Что касается Лолиты, то ее связь с «маленьким смертоносным демоном» (Л, 31) неоднократно подчеркивается Набоковым, однако это уже не Демон мужского рода, а демон-девочка, которую Е. Курганов возводит к образу Лилит. Ученый считает, что Набоков «скрещивает нимфу с демоном, создает нимфу-демона, конструируя явление, которое одновременно принадлежит и античному и ветхозаветному миру» [Курганов 2001, 24]. Недаром Гумберт пишет о своей обоеполости: «Я чуял присутствие не одного, а двух полов, из коих ни тот, ни другой не был моим, оба были женскими для анатома; для меня же, смотревшего сквозь обычную призму чувств, они были столь же различны между собой, как мечта и мачта» (Л, 32). И мы видим, что Женю Люверс с Лолитой объединяет не только связь с Демоном, но и еще две, а точнее, как оказывается, три немаловажные детали: 1) указание на «женское» начало героя-автора (ряд Гумберт Гумберт — Куильти — Вивиан Дамор-Блок) или писателя (Пастернак); 2) связь образов девочек с кораблем[148], 3) корреляция «шкуры-шерсти» с девической физиологией и эротичностью.

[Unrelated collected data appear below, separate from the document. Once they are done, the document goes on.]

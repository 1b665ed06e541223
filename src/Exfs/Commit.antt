-- ===== src/Exfs/Commit.antt =====
-- source/core/exfs/exfs.c: the commit.
pub mod Keeps
pub mod Outcome
use xasmos.Base.{
  ℕ, zero, suc, ◌+◌, ◌-◌, ◌*◌, ◌/◌, ◌%◌, ◌^◌, Bool, true, false, not, ◌&&◌, ◌||◌, Option, none,
  some, ltb, leb, ◌==◌, if◌then◌else◌, update, for_up,
}
use xasmos.Block.Device.{Buffer}
use xasmos.Exfs.Format.{Page, put32, put64, block_size, itab_blocks}
use xasmos.Exfs.Superblock.{SbFields, sb_encode, sb_max_groups, inodes}
use xasmos.Exfs.GroupOps.{gmap_flush, gmap_export, gmap_commit, gmap_free_total, is_done}
use xasmos.Exfs.Volume.{
  ExfsStatus, exfs_ok, is_success, enospc, eio, enofs, ebroken, enomem, ExfsFile, ExfsExtent, Nodes,
  Volume, exfs_inl, ind_ext, max_chain, fext, set_file, itab_area, blk_put, take_extent,
}
use xasmos.Exfs.Inodes.{inode_bytes, inode_encode, put_extent, apply_deferred}
use xasmos.Exfs.Write.{set_nodes}

abbrev pub mark_broken {ℓ} : {D : Type ℓ} → Volume D → Volume D
mark_broken v = record v { broken = true }

abbrev pub chain_blocks : ℕ → ℕ
chain_blocks n = (n - exfs_inl + ind_ext - 1) / ind_ext

-- Step 0: the sum of the chain blocks wanted, or EXFS_ENOMEM.
unfoldable pub chains_needed : ℕ → ℕ → ℕ → (ℕ → ExfsFile) → Option ℕ
chains_needed zero i need files = some need
chains_needed (suc n) i need files =
    let f = files i in
    let skipped = chains_needed n (i + 1) need files in
    let rest = chains_needed n (i + 1) (need + chain_blocks f.n) files in
    if not f.used || not f.dirty || leb f.n exfs_inl
    then skipped
    else if ltb max_chain (chain_blocks f.n)
    then none
    else rest

abbrev pub set_chain {ℓ} : {D : Type ℓ} → ℕ → ℕ → ℕ → Volume D → Volume D
set_chain i k b v =
    let f = v.nodes.files i in
    set_nodes (set_file i (record f { chain = update f.chain k b }) v.nodes) v

-- The loop that takes the chain blocks of file `i`; false is EXFS_ENOSPC.
unfoldable pub take_chain {ℓ} : {D : Type ℓ} → ℕ → ℕ → ℕ → Volume D → Bool × Volume D
take_chain zero k i v = (true, v)
take_chain (suc n) k i v =
    let (l, e, v') = take_extent 1 (record { start = 0; len = 0 }) v in
    let rest = take_chain n (k + 1) i (set_chain i k e.start v') in
    if not (l == 1) then (false, v') else rest

-- The page of chain block `k` of `nind`.
unfoldable pub chain_page : ExfsFile → (ℕ → ExfsExtent) → ℕ → ℕ → Page → Page
chain_page f exts nind k page =
    let first = exfs_inl + k * ind_ext in
    let cnt = if ltb ind_ext (f.n - first) then ind_ext else f.n - first in
    let next = if ltb (k + 1) nind then f.chain (k + 1) else 0 in
    let zeroed = for_up block_size 0 (λ j p. update p j 0) page in
    for_up cnt 0 (put_extent 16 (λ j. exts (first + j))) (put32 8 cnt (put64 0 next zeroed))

-- The loop that writes them: rounds left, and `k`; false is EXFS_EIO.
unfoldable pub write_chain {ℓ} : {D : Type ℓ} → ℕ → ℕ → ℕ → ℕ → Volume D → Bool × Volume D
write_chain zero k nind i v = (true, v)
write_chain (suc n) k nind i v =
    let f = v.nodes.files i in
    let page = chain_page f (fext v.nodes f) nind k v.page in
    let (wrote, v') = blk_put (f.chain k) page (record v { page = page }) in
    let rest = write_chain n (k + 1) nind i v' in if wrote then rest else (false, v')

unfoldable pub commit_chain {ℓ} : {D : Type ℓ} → ℕ → Volume D → ExfsStatus × Volume D
commit_chain i v =
    let n = (v.nodes.files i).n in
    let nind = if ltb exfs_inl n then chain_blocks n else 0 in
    let (took, v1) = take_chain nind 0 i v in
    let counted =
      set_nodes (set_file i (record (v1.nodes.files i) { nchain = nind }) v1.nodes) v1 in
    let (wrote, v2) = write_chain nind 0 nind i counted in
    if not took
    then (enospc, mark_broken v1)
    else if not wrote
    then (eio, mark_broken v2)
    else (exfs_ok, v2)

-- Step 1, over the files from `i` on.
unfoldable pub commit_chains {ℓ} : {D : Type ℓ} → ℕ → ℕ → Volume D → ExfsStatus × Volume D
commit_chains zero i v = (exfs_ok, v)
commit_chains (suc n) i v =
    let f = v.nodes.files i in
    let skipped = commit_chains n (i + 1) v in
    let (rc, v') = commit_chain i v in
    let rest = commit_chains n (i + 1) v' in
    if not f.used || not f.dirty then skipped else if is_success rc then rest else (rc, v')

-- Record `i` of the table, encoded in place.
unfoldable pub encode_record : Nodes → ℕ → Buffer → Buffer
encode_record s i itab j =
    let at = i * inode_bytes in
    let f = s.files i in
    if leb at j && ltb j (at + inode_bytes)
    then inode_encode f (fext s f) (λ k. itab (at + k)) (j - at)
    else itab j

unfoldable pub encode_table : Nodes → Buffer → Buffer
encode_table s itab = for_up inodes 0 (encode_record s) itab

-- The loop that writes the table to the area: rounds left, and block; false is EXFS_EIO.
unfoldable pub write_table {ℓ} : {D : Type ℓ} → ℕ → ℕ → ℕ → Volume D → Bool × Volume D
write_table zero b area v = (true, v)
write_table (suc n) b area v =
    let (wrote, v') = blk_put (area + b) (λ j. v.itab (b * block_size + j)) v in
    let rest = write_table n (b + 1) area v' in if wrote then rest else (false, v')

-- The fields of the new superblock.
unfoldable pub sb_fields {ℓ} : {D : Type ℓ} → ℕ → Volume D → SbFields
sb_fields gen v =
    let (slot, free) = gmap_export v.gm (λ _. 0) (λ _. 0) in
    record {
      gen = gen;
      itab = itab_area gen;
      nitab = itab_blocks;
      ninodes = inodes;
      total = v.total;
      ngroups = v.gm.ngroups;
      slot = slot;
      free = free;
    }

-- Step 6.
unfoldable pub make_durable {ℓ} : {D : Type ℓ} → ℕ → Volume D → Volume D
make_durable gen v = record v {
  gm = gmap_commit v.gm;
  gen = gen;
  itab_start = itab_area gen;
  nodes = record v.nodes {
    files =
        λ i. if ltb i inodes then record (v.nodes.files i) { dirty = false } else v.nodes.files i;
    dirty = false;
  };
}

-- The superblock page is written, if it could be encoded.
unfoldable pub write_page {ℓ} : {D : Type ℓ} → Option Page → ℕ → Volume D → ExfsStatus × Volume D
write_page none gen v = (eio, mark_broken v)
write_page (some page) gen v =
    let (wrote, v') = blk_put (gen % 2) page (record v { page = page }) in
    if wrote then (exfs_ok, make_durable gen v') else (eio, mark_broken v')

-- Step 5, the commit point.
unfoldable pub write_super {ℓ} : {D : Type ℓ} → ℕ → Volume D → ExfsStatus × Volume D
write_super gen v = write_page (sb_encode v.page (sb_fields gen v)) gen v

-- Steps 2 to 6.
unfoldable pub commit_map {ℓ} : {D : Type ℓ} → Volume D → ExfsStatus × Volume D
commit_map v =
    let (applied, v1) = apply_deferred v in
    let (rc, gm) = gmap_flush v1.gm in
    let v2 = record v1 { gm = gm } in
    let gen = (v2.gen + 1) % 2 ^ 64 in
    let (wrote, v3) =
      write_table itab_blocks 0 (itab_area gen)
        (record v2 { itab = encode_table v2.nodes v2.itab }) in
    if not applied
    then (eio, mark_broken v1)
    else if not (is_done rc)
    then (eio, mark_broken v2)
    else if not wrote
    then (eio, mark_broken v3)
    else write_super gen v3

-- The answer of step 0, for the blocks that are free.
unfoldable pub room_for : Option ℕ → ℕ → ExfsStatus
room_for none free = enomem
room_for (some need) free = if ltb free need then enospc else exfs_ok

unfoldable pub commit_dirty {ℓ} : {D : Type ℓ} → Volume D → ExfsStatus × Volume D
commit_dirty v =
    let (rc, v1) = commit_chains inodes 0 v in
    let rest = commit_map v1 in
    let room = room_for (chains_needed inodes 0 0 v.nodes.files) (gmap_free_total v.gm) in
    if not (is_success room) then (room, v) else if is_success rc then rest else (rc, v1)

unfoldable pub exfs_commit {ℓ} : {D : Type ℓ} → Volume D → ExfsStatus × Volume D
exfs_commit v =
    if not v.mounted
    then (enofs, v)
    else if v.broken
    then (ebroken, v)
    else if not v.nodes.dirty
    then (exfs_ok, v)
    else commit_dirty v

unfoldable pub exfs_unmount {ℓ} : {D : Type ℓ} → Volume D → ExfsStatus × Volume D
exfs_unmount v =
    let (rc, v') = exfs_commit v in
    if not v.mounted
    then (enofs, v)
    else if not (is_success rc)
    then (rc, v')
    else (exfs_ok, record v' { mounted = false })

Что касается первого, то М. Цветаева писала, что в «ДЛ» «даны все составные элементы девочки», т. е. «девочка, данная сквозь Бориса Пастернака: Борис Пастернак, если бы был девочкой, т. е. сам Пастернак, весь Пастернак»[149] [Цветаева 1986, 413]. Естественность такого перевоплощения доказывает и последовательность стихотворений «СМЖ»: «Зеркало», первоначально имеющее заглавие «Я сам», и далее «Девочка». В «Лолите» сам Гумберт пишет об «имперсонализации маленькой девочки»[150], соавтором же пьесы его двойника Куильти «Маленькая нимфа» оказывается некая дама — Вивиан Дамор-Блок, в именовании которой анаграммированы имена Владимира Набокова (ср. впоследствии в «Аде» — Ван Вин) и Блока с его (прекрасной) Дамой.

Связь с кораблем, лодкой обнаруживается в «мечте и мачте» Набокова — лодка возникает и в «бредовом» сне Лолиты перед первой ее близостью с Гумбертом; а ранее в фамилии Жени — Люверс: мы производим эту фамилию от слова люверс (гол. leuvers) ‘кольцо в парусе’, и, таким образом, Девочка через свою фамилию оказывается связанной с «ветром», «парусом» и «лодкой». Е. Фарыно [1993, 60] также сначала связывает фамилию Жени с «корабликами» и возводит к нем. luvw?rts ‘к ветру’ или Luv, Luvseite ’неветреная сторона’ судна, однако затем пишет, что в контексте всей повести Люверс приобретает связь и с фр. ouvert ‘открытый, раскрытый, доступный’, ‘незащищенный’ и трактует все название повести как «об открывшемся детстве». Однако Фарыно предлагает еще одну параллель с фр. louve ‘волчица’ и указывает на связь волков со стихами: «в последнем отношении, — пишет он далее [Там же, 61], — ‘волчица’ и ’медведица’ оказываются эквиваленты», однако недоумевает, почему мотивика волка подменена в «ДЛ» мотивом «медвежьих шкур»: «Белая медведица в доме была похожа на огромную осыпавшуюся хризантему» (ДЛ, 35). Оставим пока в стороне признак «цветка» в хризантеме, но отметим вслед за Е. Фарыно, что семантический комплекс «Белая медведица» — «хризантема» в модели мира Пастернака «и есть мировой катехрестический центр: в ней контаминируется ‘материальное’ и ’духовное’ (или: ‘чувственное’, ’эротическое’), так как она ‘шерсть мира’, и ‘шкура’, и ‘блудница’; но и ‘духовное’, поскольку с ней как раз связаны „воспоминания“ Жени…»[151] [Там же, 8]. Как ни странно, в «Лолите» мы уже имеем не медведицу, а «белого медведя», и с рассказом о выстреле в него слиты воспоминания Гумберта об одном из первых ощущений близости Ло — ср.: «Ло была между мадам и мной (сама втиснулась — звереныш мой). В свою очередь я пустился в уморительный пересказ моих арктических приключений. Муза вымысла протянула мне винтовку, и я выстрелил в белого медведя, который сел и охнул. Между тем я остро ощущал близость Ло, и пока я говорил и жестикулировал в милосердной темноте, я пользовался невидимыми этими жестами, чтобы тронуть то руку ее, то плечо, то куклу-балерину из шерсти и кисеи, которую она тормошила и все сажала ко мне на колени…» (Л, 61).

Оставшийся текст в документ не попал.